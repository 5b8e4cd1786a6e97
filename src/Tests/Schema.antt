-- ===== src/Tests/Schema.antt =====
-- Runs of the data schema with an encoder that counts and a reader that reads.
use mblue.SmartData.{make_integer}
use mblue.Schema.Parsers.{Structs, Method, dl12_parser}
use mblue.Schema.Parsers.Dispatch.{Entry, parser_get-layout_get}
use mathlib.Core.Path.{◌≡◌, refl, ap, subst}
use mblue.Common.{
  ℕ, ◌+◌, ◌≤◌, List, [], ◌∷◌, Option, none, some, Bool, true, false, if◌then◌else◌, leb, if_intro,
  length, arith,
}
use mblue.Schema.{
  Fields, dl_1_fields, Source, rpc_header, struct, bundle, OStream, Encoder,
  mblue_pb_data_layout_get, mblue_serialize_ipc, Decoder, Encoding, alloc_ipc, encode_ipc,
  mblue_free, exited, remove,
}
use mblue.Schema.Balance.{IsBalanced, mblue_serialize_ipc-IsBalanced}
use mblue.Schema.Room.{encodings, IsEncoder, varint_size, behind, mblue_serialize_ipc-room}
use mblue.Schema.Drain.{IsReader, ahead}

-- The size of a struct is its address here.
abbrev size_at : Source → ℕ
size_at (rpc_header method index) = length method + 4
size_at (struct src) = src
size_at (bundle bytes) = length bytes + 2

abbrev put : OStream → Fields → Source → Bool × OStream
put stream fields src =
    if leb (stream.bytes_written + (varint_size (size_at src) + size_at src)) stream.max_size
    then (true, behind stream (size_at src))
    else (false, stream)

abbrev counting : Encoder
counting = record {
  get_encoded_size = λ fields src. some (size_at src);
  encode_delimited = put;
  encode_submessage = put;
  malloc = λ size. 64;
}

-- An encoder that fails on every struct.
abbrev failing : Encoder
failing = record counting { encode_submessage = λ stream fields src. (false, stream) }

put_fits :
    (stream : OStream) (fields : Fields) (src : Source)
    → stream.bytes_written + (varint_size (size_at src) + size_at src) ≤ stream.max_size
    → put stream fields src ≡ (true, behind stream (size_at src))
put_fits stream fields src fits =
    if_intro (λ result. result ≡ (true, behind stream (size_at src)))
      (leb (stream.bytes_written + (varint_size (size_at src) + size_at src)) stream.max_size)
      (λ room. refl) (λ full. absurd (ground (arith, full)))

put_lem :
    (stream : OStream) (fields : Fields) (src : Source) (n : ℕ)
    → some (size_at src) ≡ some n
    → stream.bytes_written + (varint_size n + n) ≤ stream.max_size
    → put stream fields src ≡ (true, behind stream n)
put_lem stream fields src n e fits =
    subst
      (λ m.
        stream.bytes_written + (varint_size m + m) ≤ stream.max_size
        → put stream fields src ≡ (true, behind stream m))
      (ap (λ (o : Option ℕ). elim o [ none ↦ 0 | some m ↦ m ]) e) (put_fits stream fields src) fits

counting-IsEncoder : IsEncoder counting
counting-IsEncoder = record { delimited = put_lem; submessage = put_lem }

abbrev name : List ℕ
name = 0x67 ∷ 0x65 ∷ 0x74 ∷ []

-- What the encoder is asked for: the header, and the struct behind it.
abbrev asked : ℕ → List Encoding
asked index = encodings (rpc_header name index) (some dl_1_fields) (struct 9) 7 9

freed_twice : mblue_serialize_ipc failing name 1 9 (some []) ≡ some (0, none, asked 1)
unfolding mblue_serialize_ipc mblue_pb_data_layout_get alloc_ipc encode_ipc exited mblue_free remove
freed_twice = refl

mblue_serialize_ipc-IsBalanced_example :
    IsBalanced failing
      (rpc_header name 1)
      (some dl_1_fields)
      (struct 9)
      []
      (mblue_serialize_ipc failing name 1 9 (some []))
unfolding mblue_pb_data_layout_get
mblue_serialize_ipc-IsBalanced_example =
    mblue_serialize_ipc-IsBalanced failing name 1 9 (some dl_1_fields) [] refl (λ size. refl)

mblue_serialize_ipc-room_example :
    mblue_serialize_ipc counting name 1 9 (some []) ≡ some (64, some (64 ∷ []), asked 1)
unfolding mblue_pb_data_layout_get
mblue_serialize_ipc-room_example =
    mblue_serialize_ipc-room counting name 1 9 7 9 (some dl_1_fields) (some []) counting-IsEncoder
      refl refl refl (omega arith) (omega arith) (λ (e : 64 ≡ 0). absurd (omega arith))

abbrev reading : Decoder
reading = record {
  read = λ stream count.
      if leb count stream.bytes_left then (true, ahead stream count) else (false, stream);
  malloc = λ size. 64;
}

reading-IsReader : IsReader reading
reading-IsReader stream count there = ground arith

-- A struct with the number 7, wherever it is decoded from.
abbrev sevens : Structs
sevens fields stream bundler =
    some (record { num1 = 7; num2 = 8; num3 = 9; num4 = 10; bundler = bundler })

-- A method that counts its calls.
abbrev counted_call : Method ℕ
counted_call arguments calls = (make_integer 5, calls + 1)

called_once : dl12_parser sevens (record { state = 0; bytes_left = 4 }) counted_call 0 ≡ (21, 1)
unfolding dl12_parser make_integer
called_once = refl

parser_get-layout_get_example : Entry ℕ 3
parser_get-layout_get_example = parser_get-layout_get 3 (omega arith)
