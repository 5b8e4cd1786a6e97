-- ===== src/Tests/Semaphore.antt =====
-- A run of a semaphore over numbers.
use mblue.Common.{
  ℕ, zero, suc, ◌≡◌, ◌≢◌, refl, sym, ap, ◌∙◌, ◌⊎◌, inl, inr, true, false, List, [], ◌∷◌, Option,
  none, some, ◌==◌, if◌then◌else◌, Bool-cases, arith,
}
use mblue.Common.Int.{ℤ, pos, negsuc}
use mblue.Semaphore.{Posix, mblue_semaphore_alloc, mblue_semaphore_free}
use mblue.Semaphore.Counting.{
  IsCounting, Call, Counts, pend, post, semaphore_run, set_up, mblue_semaphore_alloc-run,
}

abbrev wait : ℕ → Option (ℤ × ℕ)
wait zero = none
wait (suc n) = some (pos 0, n)

abbrev numbers : Posix ℕ
numbers = record {
  cleared = 7;
  sem_init = λ s. (pos 0, 0);
  sem_wait = wait;
  sem_post = λ s. (pos 0, suc s);
  sem_destroy = λ s. (pos 0, s);
}

-- A semaphore of which a wait is interrupted at 5.
abbrev interrupted : ℕ → Option (ℤ × ℕ)
interrupted s = if s == 5 then some (negsuc 0, s) else wait s

abbrev signals : Posix ℕ
signals = record numbers { sem_wait = interrupted }

first_of : Option (ℤ × ℕ) → ℤ × ℕ
first_of none = (pos 0, 0)
first_of (some r) = r

same_first : (r r' : ℤ × ℕ) → some r ≡ some r' → r ≡ r'
unfolding first_of
same_first r r' e = ap first_of e

wait_takes : (s : ℕ) (r : ℤ × ℕ) → wait s ≡ some r → s ≡ suc r.1
wait_takes zero r e = cc
wait_takes (suc s) r e = ap (λ (x : ℤ × ℕ). suc x.1) (same_first (pos 0, s) r e)

wait_answers : (s : ℕ) (r : ℤ × ℕ) → wait s ≡ some r → r.0 ≡ pos 0
wait_answers zero r e = cc
wait_answers (suc s) r e = ap (λ (x : ℤ × ℕ). x.0) (sym (same_first (pos 0, s) r e))

wait_blocks : (s : ℕ) → wait s ≡ none → s ≡ 0
wait_blocks zero e = refl
wait_blocks (suc s) e = cc

at_5_is : (s : ℕ) → (s == 5) ≡ true → interrupted s ≡ some (negsuc 0, s)
at_5_is s at_5 = rw at_5 refl

interrupted_fails :
    (s : ℕ) (r : ℤ × ℕ) → (s == 5) ≡ true → interrupted s ≡ some r → r ≡ (negsuc 0, s)
interrupted_fails s r at_5 e = sym (same_first (negsuc 0, s) r (sym (at_5_is s at_5) ∙ e))

some_ne : (s : ℕ) → (s == 5) ≡ true → interrupted s ≢ none
some_ne s at_5 e = absurd (cc (at_5_is s at_5, e))

interrupted_waits : (s : ℕ) → (s == 5) ≡ false → interrupted s ≡ wait s
interrupted_waits s off_5 = rw off_5 refl

not_zero : negsuc 0 ≢ pos 0
not_zero e = cc

signals-IsCounting : IsCounting signals (λ s. s)
signals-IsCounting = record {
  init_value = λ s e. refl;
  post_adds = λ s e. refl;
  post_fails = λ s ne. absurd (ne refl);
  wait_takes = λ s r e done. elim (Bool-cases (s == 5)) [
    | inl at_5 ↦
        absurd (not_zero (ap (λ (x : ℤ × ℕ). x.0) (sym (interrupted_fails s r at_5 e)) ∙ done))
    | inr off_5 ↦ wait_takes s r (sym (interrupted_waits s off_5) ∙ e)
  ];
  wait_fails = λ s r e failed. elim (Bool-cases (s == 5)) [
    | inl at_5 ↦ ap (λ (x : ℤ × ℕ). x.1) (sym (interrupted_fails s r at_5 e))
    | inr off_5 ↦ absurd (failed (wait_answers s r (sym (interrupted_waits s off_5) ∙ e)))
  ];
  wait_blocks = λ s e. elim (Bool-cases (s == 5)) [
    | inl at_5 ↦ absurd (some_ne s at_5 e)
    | inr off_5 ↦ wait_blocks s (sym (interrupted_waits s off_5) ∙ e)
  ];
}

abbrev calls : List Call
calls = post ∷ post ∷ pend ∷ pend ∷ pend ∷ post ∷ []

mblue_semaphore_alloc-run_example :
    ((pos 0 ≡ pos 0)
      × (mblue_semaphore_alloc signals 64 (some []) ≡ (some (64, set_up signals), some (64 ∷ [])))
      × Counts 0 calls (semaphore_run signals (set_up signals) calls)
      × ((mblue_semaphore_free signals 64 (set_up signals) (some (64 ∷ []))).2 ≡ some []))
    ⊎ ((pos 0 ≢ pos 0) × (mblue_semaphore_alloc signals 64 (some []) ≡ (none, some (64 ∷ []))))
mblue_semaphore_alloc-run_example =
    mblue_semaphore_alloc-run signals (λ s. s) 64 [] calls signals-IsCounting (λ e. omega arith)
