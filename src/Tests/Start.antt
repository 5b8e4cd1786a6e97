-- ===== src/Tests/Start.antt =====
-- Runs of the start of a task: two tasks stand in the table.
use mblue.Common.{
  ℕ, ◌≡◌, ◌<◌, refl, true, false, Bool, some, none, [], ◌∷◌, ◌==◌, arith, if◌then◌else◌, inl, inr,
}
use mblue.MessageQueue.{MblueQueue}
use mblue.MessageQueue.Refines.{IsQueue, contents}
use mblue.Task.Start.{
  TaskManager, Started, task_start, get_current_context, task_start_fails, task_start_lem,
}

abbrev two_tasks : TaskManager
two_tasks = record { task_id = 2; task = λ j. if j == 0 then 10 else if j == 1 then 40 else 0 }

task_start_fails_example :
    task_start two_tasks 0 600 8 (some 700) none (30 ∷ [])
    ≡ some (record { result = 0; manager = two_tasks; mq = none; heap = 30 ∷ [] })
task_start_fails_example =
    task_start_fails two_tasks 0 600 8 (some 700) none (30 ∷ []) (inr (inr (inl refl)))

task_start_lem_example :
    (s : Started) × (q : MblueQueue) × (task_start two_tasks 0 600 8 (some 700) (some 800) (30 ∷ [])
      ≡ some s)
    × (s.result ≡ 600)
    × (s.mq ≡ some q)
    × IsQueue q
    × (contents q ≡ [])
    × (q.capacity ≡ 8)
    × (s.manager.task 2 ≡ 600)
    × (s.manager.task_id ≡ 3)
    × ((j : ℕ) → j < 2 → s.manager.task j ≡ two_tasks.task j)
    × ((current : ℕ → Bool)
        → current 600 ≡ true
        → ((j : ℕ) → j < 2 → current (two_tasks.task j) ≡ false)
        → get_current_context current s.manager ≡ 600)
task_start_lem_example =
    task_start_lem two_tasks 0 600 8 700 800 (30 ∷ []) 600 refl (λ e. omega arith) (omega arith)
      (omega arith) (omega arith)
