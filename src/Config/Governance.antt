-- ===== src/Config/Governance.antt =====
-- provider_governance.go on the numbers of a caller, which may be negative. A rate is a number of
-- millionths of a request per second. Once the numbers are checked, they are the limits that
-- Provider/Config has.
use go_rag_agent.Base.{
  Bool, false, ℕ, ◌*◌, ◌≡◌, ◌&&◌, ◌||◌, ltb, ◌==◌, if◌then◌else◌, ℤ, pos, negsuc, is_neg, to_nat,
}
use go_rag_agent.Provider.Config.{RateLimitConfig, BreakerConfig, GovernanceConfig, millisecond}

pub record RawRateLimit : Type 0 where
  pub requests_per_second : ℤ
  pub burst : ℤ

pub record RawBreaker : Type 0 where
  pub failure_threshold : ℤ
  pub open_timeout : ℤ
  pub half_open_max_calls : ℤ

pub record RawGovernance : Type 0 where
  pub retry_max_attempts : ℤ
  pub retry_base_delay : ℤ
  pub retry_max_delay : ℤ
  pub rate_limit : RawRateLimit
  pub circuit_breaker : RawBreaker

-- `n > 0`
abbrev pub positive : ℤ → Bool
positive n = ltb 0 (to_nat n)

-- `n == 0`
abbrev pub is_zero : ℤ → Bool
is_zero (pos n) = n == 0
is_zero (negsuc n) = false

-- `if n == 0 { n = fallback }`
abbrev pub or_int : ℤ → ℕ → ℤ
or_int n fallback = if is_zero n then pos fallback else n

unfoldable pub raw_rate_limit_normalized : RawRateLimit → RawRateLimit
raw_rate_limit_normalized c =
    if positive c.requests_per_second && is_zero c.burst then record c { burst = pos 1 } else c

unfoldable pub raw_rate_limit_enabled : RawRateLimit → Bool
raw_rate_limit_enabled c = positive c.requests_per_second

unfoldable pub raw_breaker_enabled : RawBreaker → Bool
raw_breaker_enabled c =
    positive c.failure_threshold || positive c.open_timeout || positive c.half_open_max_calls

unfoldable pub raw_breaker_normalized : RawBreaker → RawBreaker
unfolding raw_breaker_enabled
raw_breaker_normalized c =
    if raw_breaker_enabled c && is_zero c.half_open_max_calls
    then record c { half_open_max_calls = pos 1 }
    else c

unfoldable pub raw_governance_normalized : RawGovernance → RawGovernance
unfolding raw_rate_limit_normalized raw_breaker_normalized
raw_governance_normalized c = record {
  retry_max_attempts = or_int c.retry_max_attempts 2;
  retry_base_delay = or_int c.retry_base_delay (200 * millisecond);
  retry_max_delay = or_int c.retry_max_delay (2000 * millisecond);
  rate_limit = raw_rate_limit_normalized c.rate_limit;
  circuit_breaker = raw_breaker_normalized c.circuit_breaker;
}

abbrev pub rate_limit_of : RawRateLimit → RateLimitConfig
rate_limit_of c = record {
  rate_num = to_nat c.requests_per_second;
  rate_den = 1000000;
  burst = to_nat c.burst;
}

abbrev pub breaker_of : RawBreaker → BreakerConfig
breaker_of c = record {
  failure_threshold = to_nat c.failure_threshold;
  open_timeout = to_nat c.open_timeout;
  half_open_max_calls = to_nat c.half_open_max_calls;
}

-- the limits that the numbers are
abbrev pub governance_of : RawGovernance → GovernanceConfig
governance_of c = record {
  retry_max_attempts = to_nat c.retry_max_attempts;
  retry_base_delay = to_nat c.retry_base_delay;
  retry_max_delay = to_nat c.retry_max_delay;
  rate_limit = rate_limit_of c.rate_limit;
  circuit_breaker = breaker_of c.circuit_breaker;
}

-- no number of it is negative
pub record IsNatural (c : RawGovernance) : Type 0 where
  pub attempts : is_neg c.retry_max_attempts ≡ false
  pub base_delay : is_neg c.retry_base_delay ≡ false
  pub max_delay : is_neg c.retry_max_delay ≡ false
  pub rate : is_neg c.rate_limit.requests_per_second ≡ false
  pub tokens : is_neg c.rate_limit.burst ≡ false
  pub threshold : is_neg c.circuit_breaker.failure_threshold ≡ false
  pub timeout : is_neg c.circuit_breaker.open_timeout ≡ false
  pub probes : is_neg c.circuit_breaker.half_open_max_calls ≡ false
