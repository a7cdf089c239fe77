-- ===== src/Config/Bridges.antt =====
-- ocr_bridge.go, image_bridge.go and web_search.go: the configurations of the optional tools.
use go_rag_agent.Base.{
  Bool, List, [], ◌∷◌, not, ◌&&◌, ◌||◌, Option, none, some, if◌then◌else◌, ℤ, is_neg, any, is_empty,
  Text, codes, contains, text_eq, trim_space,
}
use go_rag_agent.Config.Governance.{positive, is_zero, or_int}

-- `Validate` has an error of its own for each of them
pub data ConfigError : Type 0 where
  no_chat_model no_chat_url bad_chat_url no_chat_key bad_chat_timeout : ConfigError
  no_embedding_model no_embedding_url bad_embedding_url no_embedding_key bad_embedding_timeout :
      ConfigError
  bad_timeout bad_duration bad_prompt_tokens bad_history_tokens bad_evidence_tokens
        bad_summary_tokens :
      ConfigError
  bad_memory_tokens bad_memory_ttl bad_stored_runes bad_chunk_size chunk_too_large
        bad_chunk_overlap :
      ConfigError
  bad_top_k bad_history_rounds bad_memory_top_k bad_memory_threshold bad_tool_calls bad_attempts :
      ConfigError
  bad_base_delay bad_max_delay bad_rate bad_burst burst_without_rate rate_without_burst :
      ConfigError
  bad_threshold bad_open_timeout bad_probes no_threshold no_open_timeout bad_iterations no_tools :
      ConfigError
  bad_format rerank_without_hybrid bad_candidates bad_rrf_k bad_shortlist : ConfigError
  no_search_key bad_max_results bad_depth bad_topic : ConfigError
  no_ocr_command bad_direct_runes bad_ocr_args no_image_command bad_image_args : ConfigError

-- the first check that fails, in the order of the checks
unfoldable pub first_failed : List (Bool × ConfigError) → Option ConfigError
first_failed [] = none
first_failed (check ∷ checks) =
    let rest = first_failed checks in if check.0 then rest else some check.1

pub record BridgeConfig : Type 0 where
  pub command : Text
  pub args : List Text
  pub env : List Text
  pub work_dir : Text

unfoldable pub bridge_normalized : BridgeConfig → BridgeConfig
bridge_normalized c = record c { command = trim_space c.command; work_dir = trim_space c.work_dir }

unfoldable pub bridge_enabled : BridgeConfig → Bool
bridge_enabled c =
    not (is_empty c.command)
    || not (is_empty c.args)
    || not (is_empty c.env)
    || not (is_empty c.work_dir)

-- whether the arguments have both places
unfoldable pub has_places : List Text → Bool
has_places args =
    any (λ arg. contains arg (codes "{input}")) args
    && any (λ arg. contains arg (codes "{output}")) args

-- the Boolean is `enabled`: a check counts only where the bridge is on
unfoldable pub image_checks : BridgeConfig → List (Bool × ConfigError)
unfolding bridge_normalized bridge_enabled has_places
image_checks raw =
    let c = bridge_normalized raw in
    let off = not (bridge_enabled c) in
    (off || not (is_empty c.command), no_image_command)
    ∷ (off || has_places c.args, bad_image_args)
    ∷ []

pub record OcrConfig : Type 0 where
  pub bridge : BridgeConfig
  pub min_direct_text_runes : ℤ

unfoldable pub ocr_checks : OcrConfig → List (Bool × ConfigError)
unfolding bridge_normalized bridge_enabled has_places
ocr_checks raw =
    let c = bridge_normalized raw.bridge in
    let off = not (bridge_enabled c || not (is_zero raw.min_direct_text_runes)) in
    (off || not (is_empty c.command), no_ocr_command)
    ∷ (off || not (is_neg raw.min_direct_text_runes), bad_direct_runes)
    ∷ (off || has_places c.args, bad_ocr_args)
    ∷ []

pub record WebSearchConfig : Type 0 where
  pub api_key : Text
  pub base_url : Text
  pub max_results : ℤ
  pub search_depth : Text
  pub topic : Text

abbrev pub or_text : Text → Text → Text
or_text text fallback = if is_empty text then fallback else text

unfoldable pub web_search_normalized : WebSearchConfig → WebSearchConfig
web_search_normalized c = record {
  api_key = trim_space c.api_key;
  base_url = or_text (trim_space c.base_url) (codes "https://api.tavily.com/search");
  max_results = or_int c.max_results 5;
  search_depth = or_text (trim_space c.search_depth) (codes "basic");
  topic = or_text (trim_space c.topic) (codes "general");
}

unfoldable pub web_search_checks : WebSearchConfig → Bool → List (Bool × ConfigError)
unfolding web_search_normalized text_eq
web_search_checks raw enabled =
    let c = web_search_normalized raw in
    let off = not enabled in
    (off || not (is_empty c.api_key), no_search_key)
    ∷ (off || positive c.max_results, bad_max_results)
    ∷ (
      off || text_eq c.search_depth (codes "basic") || text_eq c.search_depth (codes "advanced"),
      bad_depth,
    )
    ∷ (off || text_eq c.topic (codes "general") || text_eq c.topic (codes "news"), bad_topic)
    ∷ []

Task goal —
Extract exactly and only the lines above from the line containing "stream.bytes_written + (varint_size m" through the line containing "mblue_serialize_ipc counting name", both end lines included.

Solution —
        stream.bytes_written + (varint_size m + m) ≤ stream.max_size
        → put stream fields src ≡ (true, behind stream m))
      (ap (λ (o : Option ℕ). elim o [ none ↦ 0 | some m ↦ m ]) e) (put_fits stream fields src) fits

counting-IsEncoder : IsEncoder counting
counting-IsEncoder = record { delimited = put_lem; submessage = put_lem }

abbrev name : List ℕ
name = 0x67 ∷ 0x65 ∷ 0x74 ∷ []

-- What the encoder is asked for: the header, and the struct behind it.
abbrev asked : ℕ → List Encoding
asked index = encodings (rpc_header name index) (some dl_1_fields) (struct 9) 7 9

freed_twice : mblue_serialize_ipc failing name 1 9 (some []) ≡ some (0, none, asked 1)
unfolding mblue_serialize_ipc mblue_pb_data_layout_get alloc_ipc encode_ipc exited mblue_free remove
freed_twice = refl

mblue_serialize_ipc-IsBalanced_example :
    IsBalanced failing
      (rpc_header name 1)
      (some dl_1_fields)
      (struct 9)
      []
      (mblue_serialize_ipc failing name 1 9 (some []))
unfolding mblue_pb_data_layout_get
mblue_serialize_ipc-IsBalanced_example =
    mblue_serialize_ipc-IsBalanced failing name 1 9 (some dl_1_fields) [] refl (λ size. refl)

mblue_serialize_ipc-room_example :
    mblue_serialize_ipc counting name 1 9 (some []) ≡ some (64, some (64 ∷ []), asked 1)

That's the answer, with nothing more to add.